EXERCISE DETAILS: Copy word for word each line from the one that has "(closed_it c) s ≡ ok t)" to the last line of the records, with no other lines.

*****

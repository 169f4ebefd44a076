-- ===== src/Server/Serving/Settled.antt =====
-- What `settle` leaves of the pool of a connection that a dispatcher has handed out.
use Prim.Native.String.{String}
use wsp.Base.{ℕ, ◌≡◌, List, some, arith}
use wsp.Base.Maps.{at, store, at-store_self, AllAt-store, AllAt-at}
use wsp.Runtime.{Result, ok, Returns, Returns-mono, Returns-ok}
use wsp.Server.Connection.{closed}
use wsp.Server.Pool.{Pool, give, close_in}
use wsp.Server.Pool.Lifecycle.{IsRunning}
use wsp.Server.Pool.Lifecycle.Return.{IsLast, give-IsLast, close_in-closed}
use wsp.Server.Handlers.{gave, closed_it}
use wsp.Server.Dispatch.{Server, served}
use wsp.Server.Dispatch.Register.{AllRunning}
use wsp.Server.Dispatch.Taken.{HasRoom}
use wsp.Server.Serving.{in_pool, settle}

-- The pool of the client, and what holds of it.
abbrev pub InPool : String → (Pool → Type 0) → Server → Type 0
InPool id P s = (q : Pool) × (at s.pools id ≡ some q) × P q

-- An operation on the client's pool that keeps it running.
in_pool-InPool :
    (id : String) (f : Pool → Result Pool) (P : Pool → Type 0) (s : Server) (p : Pool)
    → at s.pools id ≡ some p
    → AllRunning s
    → Returns (f p) (λ q. IsRunning q × P q)
    → (t : Server) × (in_pool id f s ≡ ok t) × AllRunning t × InPool id P t
in_pool-InPool id f P s p found all h =
    let (q, e, (run, holds)) = Returns-ok (f p) h in
    (
      record s { pools = store s.pools id q },
      simp (found, in_pool, e),
      AllAt-store IsRunning s.pools id q all run,
      (q, at-store_self s.pools id q, holds),
    )

-- Giving back a connection that the dispatcher has handed out.
pub settle-gave :
    (now : ℕ) (id : String) (c : ℕ) (s : Server)
    → AllRunning s
    → HasRoom id (served c) s
    → (t : Server) × (settle now id (gave c) s ≡ ok t)
      × AllRunning t
      × InPool id (λ q. (l : List ℕ) × IsLast c l q) t
unfolding settle
settle-gave now id c s all (p, found, b, room) = in_pool-InPool id (give now c) _ s p found all (
    Returns-mono (give now c p) _ _
      (give-IsLast now c p (AllAt-at IsRunning s.pools id p all found) (ground (arith, b)) room)
      λ q h. (h.0, (p.idle_chan.buffer, h.1)))

pub settle-closed_it :
    (now : ℕ) (id : String) (c : ℕ) (s : Server)
    → AllRunning s
    → HasRoom id (served c) s
    → (t : Server) × (settle now id (closed_it c) s ≡ ok t)
      × AllRunning t
      × InPool id (λ q. (q.heap c).status ≡ closed) t
unfolding settle
settle-closed_it now id c s all (p, found, b, room) =
    in_pool-InPool id (close_in c) _ s p found all
      (close_in-closed c p (AllAt-at IsRunning s.pools id p all found))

*****

SOLUTION BELOW:
    → (t : Server) × (settle now id (closed_it c) s ≡ ok t)
      × AllRunning t
      × InPool id (λ q. (q.heap c).status ≡ closed) t
unfolding settle
settle-closed_it now id c s all (p, found, b, room) =
    in_pool-InPool id (close_in c) _ s p found all
      (close_in-closed c p (AllAt-at IsRunning s.pools id p all found))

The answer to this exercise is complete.